Epidemiological evidence demonstrates that increased arterial age is independently associated with accelerated thoracic aortic aneurysm (TAA) growth, linking aortic aneurysm natural history to vascular aging^[180]. Aortic aneurysm is a permanent focal dilation of the aorta, with a diameter ≥ 50% larger than normal. Despite existing pathophysiological differences, TAA and AAA share several features: compared with normal aorta, aneurysmal wall demonstrates decreased elastin, collagen, glycosaminoglycans, and an imbalance between MMPs and tissue inhibitors of metalloproteinases (TIMPs)^[181]. Notably, similar matrix degradation and remodeling processes occur during the natural aging of the aorta itself, leading investigators to propose that TAA may represent a focal, accelerated form of aortic aging in some patients. Thus, targeting VSMC phenotypic switching, apoptosis, and ECM disruption to slow aneurysm progression has become a research priority^[46,182].

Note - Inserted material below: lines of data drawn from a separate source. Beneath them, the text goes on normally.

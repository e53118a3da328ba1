-- ===== src/Instructions/Safety/Rules.antt =====
-- Rules for what the instructions are made of.
use tsrkit_pvm.Prelude.{
  ℕ, zero, suc, ◌/◌, ◌%◌, ◌^◌, ◌<◌, Bool, not, ◌&&◌, ◌||◌, List, Option, none, some, ℤ, leb, ◌==◌,
  if-elim, length, length-set, get_elem?-in_range, M, Outcome, Exn, pure, raise, ◌-◌, ◌>>=◌, ◌>>◌,
  bind_outcome, Ensures, Ensures-bind, ◌≡◌, ◌∙◌, arith, lt→ltb,
}
use tsrkit_pvm.Common.Utils.{clamp_12}
use tsrkit_pvm.Interpreter.Memory
use tsrkit_pvm.Interpreter.Memory.{Memory}
use tsrkit_pvm.Interpreter.Memory.Coherent.{IsCoherent, AreBytes}
use tsrkit_pvm.Interpreter.Memory.Keeps.{read-Reads, write-Writes, IsFault}
use tsrkit_pvm.Interpreter.Program
use tsrkit_pvm.Interpreter.Program.{Program}
use tsrkit_pvm.Instructions.Machine.{
  Table, Machine, OpCode, Exec, reg, set_reg, next, on_memory, on_memory_outcome, to_bytes,
  take_branch, after_branch, is_continue,
}

pub record IsMachine (m : Machine) : Type 0 where
  pub thirteen : length m.registers ≡ 13
  pub coherent : IsCoherent m.memory

-- The exceptions that an instruction may raise.
abbrev pub IsRaised : Exn → Type 0
IsRaised Exn.panic = Unit
IsRaised (Exn.page_fault addr) = Unit
IsRaised Exn.overflow_error = Unit
IsRaised _ = ⊥

abbrev pub Raises : (Machine → Type 0) → Exn → Machine → Type 0
Raises I e m = I m × IsRaised e

-- An instruction that is safe.
abbrev pub IsSafe : {A : Type 0} → M Machine A → Type 0
IsSafe x = (m : Machine) → IsMachine m → Ensures (λ _ m'. IsMachine m') (Raises IsMachine) (x m)

-- One step after another.
pub then-IsSafe :
    {A B : Type 0} (x : M Machine A) (k : A → M Machine B)
    → IsSafe x
    → ((a : A) → IsSafe (k a))
    → IsSafe (x >>= k)
then-IsSafe x k h safe m i = Ensures-bind (h m i) (λ a m' i'. safe a m' i')

pub clamp_12-lt : (x : ℕ) → clamp_12 x < 13
unfolding clamp_12
clamp_12-lt x = ground arith

pub next-IsSafe : (self : Table) → IsSafe (next self)
unfolding next
next-IsSafe self m h = Ensures.returns h

pub raise-IsSafe : {A : Type 0} (e : Exn) → IsRaised e → IsSafe {A = A} (raise e)
raise-IsSafe e r m h = Ensures.raises (h, r)

pub pure-IsSafe : {A : Type 0} (r : A) → IsSafe (pure r)
pure-IsSafe r m h = Ensures.returns h

pub reg-IsSafe :
    (i : ℕ) {A : Type 0} {k : ℕ → M Machine A}
    → i < 13
    → ((a : ℕ) → IsSafe (k a))
    → IsSafe (reg i >>= k)
unfolding reg
reg-IsSafe i {k = k} lt safe m h =
    let (a, e) = get_elem?-in_range m.registers i (omega (arith, h.thirteen)) in rw e (safe a m h)

pub set_reg-only : (i v : ℕ) → i < 13 → IsSafe (set_reg i v)
unfolding set_reg
set_reg-only i v lt m h = rw (lt→ltb i (length m.registers) (omega (arith, h.thirteen))) (
    Ensures.returns
      (record { thirteen = length-set m.registers i v ∙ h.thirteen; coherent = h.coherent }))

pub set_reg-IsSafe :
    (i v : ℕ) {A : Type 0} {k : M Machine A} → i < 13 → IsSafe k → IsSafe (set_reg i v >> k)
set_reg-IsSafe i v {k = k} lt safe =
    then-IsSafe (set_reg i v) (λ _. k) (set_reg-only i v lt) (λ _. safe)

-- An operation of the memory that keeps its invariant.
on_memory-Ensures :
    {A B : Type 0} {P : A → Type 0} (m : Machine) {o : Outcome Memory A} {k : A → M Machine B}
    → IsMachine m
    → Ensures (λ a m'. IsCoherent m' × P a) (λ e m'. IsCoherent m' × IsFault e) o
    → ((a : A) → P a → IsSafe (k a))
    → Ensures (λ _ m'. IsMachine m') (Raises IsMachine) (bind_outcome (on_memory_outcome m o) k)
on_memory-Ensures m h (Ensures.returns c) safe =
    safe _ c.1 _ (record { thirteen = h.thirteen; coherent = c.0 })
on_memory-Ensures m h (Ensures.raises {e} c) safe =
    Ensures.raises (record { thirteen = h.thirteen; coherent = c.0 }, fault e c.1)
  where
    fault : (e : Exn) → IsFault e → IsRaised e
    fault (Exn.page_fault addr) f = tt
    fault _ f = absurd f

pub read-IsSafe :
    (address len : ℕ) {A : Type 0} {k : List ℕ → M Machine A}
    → ((bytes : List ℕ) → AreBytes bytes → IsSafe (k bytes))
    → IsSafe (on_memory (Memory.read address len) >>= k)
read-IsSafe address len safe m h =
    on_memory-Ensures m h (read-Reads address len m.memory h.coherent) safe

pub to_bytes-AreBytes : (n len : ℕ) → AreBytes (to_bytes n len)
unfolding to_bytes
to_bytes-AreBytes n zero = tt
to_bytes-AreBytes n (suc len) = (omega arith, to_bytes-AreBytes (n / 256) len)

with_unit :
    {S : Type 0} {P : S → Type 0} {Q : Exn → S → Type 0} {o : Outcome S (Unit {0})}
    → Ensures (λ _ s. P s) Q o
    → Ensures (λ _ s. P s × Unit {0}) Q o
with_unit (Ensures.returns p) = Ensures.returns (p, tt)
with_unit (Ensures.raises q) = Ensures.raises q

pub write-IsSafe :
    (address n len : ℕ) {A : Type 0} {k : M Machine A}
    → IsSafe k
    → IsSafe (on_memory (Memory.write address (to_bytes n len)) >> k)
write-IsSafe address n len safe m h =
    on_memory-Ensures {P = λ _. Unit {0}} m h
      (with_unit
        (write-Writes address (to_bytes n len) m.memory (to_bytes-AreBytes n len) h.coherent))
      (λ _ _. safe)

branch-Ensures :
    (p : Program) (counter : ℕ) (target : ℤ) (test : Bool) (m : Machine)
    → IsMachine m
    → Ensures (λ _ m'. IsMachine m') (Raises IsMachine) (Program.branch p counter target test m)
unfolding Program.branch
branch-Ensures p counter target test m h =
    if-elim (Ensures _ _) (not test) (λ _. Ensures.returns h)
      λ _.
        if-elim (Ensures _ _) (not (Program.in_blocks p target)) (λ _. Ensures.raises (h, tt))
          λ _. Ensures.returns h

pub take_branch-IsSafe :
    (self : Table) (target : ℤ) (test : Bool) → IsSafe (take_branch self target test)
unfolding take_branch after_branch
take_branch-IsSafe self target test m h =
    Ensures-bind (branch-Ensures self.program self.counter target test m h) λ r m' h'.
      if-elim (λ (e : Exec). Ensures (λ _ m''. IsMachine m'') (Raises IsMachine) (e m'))
        (is_continue r.0 && not (r.1 == self.counter)) (λ _. Ensures.returns h')
        (λ _. next-IsSafe self m' h')

djump_entry-IsSafe : (p : Program) (o : Option ℕ) → IsSafe (Program.djump_entry p o)
unfolding Program.djump_entry
djump_entry-IsSafe p none m h = Ensures.raises (h, tt)
djump_entry-IsSafe p (some target) m h =
    if-elim (Ensures _ _) (Program.mem target p.basic_blocks) (λ _. Ensures.returns h)
      (λ _. Ensures.raises (h, tt))

pub djump-IsSafe : (p : Program) (counter a : ℕ) → IsSafe (Program.djump p counter a)
unfolding Program.djump
djump-IsSafe p counter a m h =
    if-elim (Ensures _ _) (a == 2 ^ 32 - 2 ^ 16) (λ _. Ensures.returns h)
      λ _.
        if-elim (Ensures _ _) (a == 0 || leb (length p.jump_table) (a / 2 - 1) || not (a % 2 == 0))
          (λ _. Ensures.raises (h, tt)) λ _. djump_entry-IsSafe p _ m h

-- An opcode of a table whose method is safe at the operands that the table gives it.
abbrev pub IsSafeOp : {P : Type 0} → (Table → Option P) → OpCode P → Type 0
IsSafeOp {P} get_props op =
    (t : Table) (props : P) → get_props t ≡ some props → IsSafe (op.fn t props)

-- The methods of a table, at operands that fit.
module _ {P : Type 0} (Fits : P → Type 0) (get_props : Table → Option P)
    (fits : (t : Table) (props : P) → get_props t ≡ some props → Fits props) where
  abbrev pub IsSafeMethod : (Table → P → Exec) → Type 0
  IsSafeMethod fn = (t : Table) (props : P) → Fits props → IsSafe (fn t props)

  pub to_op :
      (fn : Table → P → Exec) (gas : ℕ) (ends : Bool)
      → IsSafeMethod fn
      → IsSafeOp get_props (record { fn = fn; gas = gas; is_terminating = ends })
  to_op fn gas ends h t props e = h t props (fits t props e)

Identifying gut microbial metabolites that suppress aberrant VSMC phenotypic switching is clinically significant. In AAA mouse models, Roseburia intestinalis and its metabolite butyrate substantially reduce neutrophil infiltration and NOX2-dependent neutrophil extracellular trap (NET) formation, attenuating inflammation and aberrant VSMC phenotypic switching, which slows AAA progression^[183]. Another study reported that taurodeoxycholic acid (TDCA) reduced endoplasmic reticulum stress in VSMCs and decreased apoptosis. In parallel, TDCA preserved medial integrity and limited elastic fiber degradation, suppressing the formation and progression of AAA^[184]. These observations support the concept that SCFAs and BAs may influence aneurysm susceptibility, particularly AAA, by regulating VSMC phenotype and viability. Further studies are needed to identify other metabolites, more thoroughly clarify the underlying mechanisms, and compare the similarities and differences in mechanistic pathways between TAA and AAA.